**THE TASK**
Return a copy of every line in the records that includes the word "primary".

**Stored data**
::::

-- ===== src/Media/Playback.antt =====
-- `PlaybackURL` and `OpenAsset` of backend/internal/media/service.go. The lookups of assets are
-- parameters; of the URL the model keeps the token, and of the request to the object store the key
-- and the range.
pub mod Contained
mod Tests
pub mod Decision
use ketapod_website.Base.{ℕ, Bool, true, false, Option, none, some, if◌then◌else◌}
use ketapod_website.Base.Int.{ℤ, pos, ltb_ℤ}
use ketapod_website.Base.Text.{Bytes}
use ketapod_website.Media.{clamp_range, preview_byte_limit}
use ketapod_website.Media.Access.{
  AccessLevel, full, preview, denied, AccessDecision, playable, Answers, resolve_access,
}
use ketapod_website.Media.Tokens.{Signer, StreamToken, sign, verify}
use ketapod_website.Schema.{Error}
use ketapod_website.Store.{Result, ok, err}

pub record AudioAsset : Type 0 where
  pub id : Bytes
  pub storage_key : ℕ
  pub bitrate_kbps : ℤ
  pub duration_seconds : ℤ

-- The header as the client sent it, or the range that `clampRange` makes of it.
pub data EffectiveRange : Type 0 where
  as_asked : Bytes → EffectiveRange
  clamped : ℤ × ℤ → EffectiveRange

abbrev pub granted_seconds : AccessLevel → ℤ → ℤ
granted_seconds preview s = s
granted_seconds _ s = pos 0

abbrev pub sign_for :
    Signer → ℕ → AccessDecision → Option AudioAsset → Result (Bytes × AccessDecision)
sign_for signer clock d none = err Error.not_found
sign_for signer clock d (some asset) =
    ok (sign signer clock asset.id (granted_seconds d.level d.max_seconds), d)

abbrev pub url_for :
    Signer → ℕ → Result AccessDecision → Option AudioAsset → Result (Bytes × AccessDecision)
url_for signer clock (err e) primary = err e
url_for signer clock (ok d) primary =
    if playable d then sign_for signer clock d primary else err Error.forbidden

-- `PlaybackURL`: the token and the decision.
unfoldable pub playback_url :
    Signer → ℕ → Answers → Option AudioAsset → Result (Bytes × AccessDecision)
playback_url signer clock answers primary = url_for signer clock (resolve_access answers) primary

abbrev pub add_duration : Option AudioAsset → Result (Bytes × AccessDecision) → Result (Bytes × ℤ)
add_duration primary (err e) = err e
add_duration none (ok (url, d)) = err Error.not_found
add_duration (some asset) (ok (url, d)) = ok (url, asset.duration_seconds)

-- `StreamURL`: a visitor, for whom neither the kids module nor commerce is asked.
unfoldable pub stream_url : Signer → ℕ → Answers → Option AudioAsset → Result (Bytes × ℤ)
stream_url signer clock answers primary =
    add_duration primary
      (playback_url signer clock (record answers { kids = none; entitled = none }) primary)

abbrev pub clamped_or : AudioAsset → Option (ℤ × ℤ) → Result (AudioAsset × EffectiveRange)
clamped_or asset none = err Error.range_outside_preview
clamped_or asset (some r) = ok (asset, clamped r)

abbrev pub open_found : ℤ → Bytes → Option AudioAsset → Result (AudioAsset × EffectiveRange)
open_found max header none = err Error.not_found
open_found max header (some asset) =
    if ltb_ℤ (pos 0) max
    then clamped_or asset (clamp_range header (preview_byte_limit max asset.bitrate_kbps))
    else ok (asset, as_asked header)

abbrev pub open_verified :
    (Bytes → Option AudioAsset) → Bytes → Option StreamToken → Result (AudioAsset × EffectiveRange)
open_verified assets header none = err Error.invalid_stream_token
open_verified assets header (some t) = open_found t.max_seconds header (assets t.asset_id)

-- `OpenAsset`
unfoldable pub open_asset :
    Signer → ℕ → (Bytes → Option AudioAsset) → Bytes → Bytes → Result (AudioAsset × EffectiveRange)
open_asset signer now assets token header = open_verified assets header (verify signer now token)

::::

**RESULT OF THIS EXERCISE**
url_for signer clock (err e) primary = err e
url_for signer clock (ok d) primary =
    if playable d then sign_for signer clock d primary else err Error.forbidden
playback_url signer clock answers primary = url_for signer clock (resolve_access answers) primary
add_duration primary (err e) = err e
stream_url signer clock answers primary =
    add_duration primary
      (playback_url signer clock (record answers { kids = none; entitled = none }) primary)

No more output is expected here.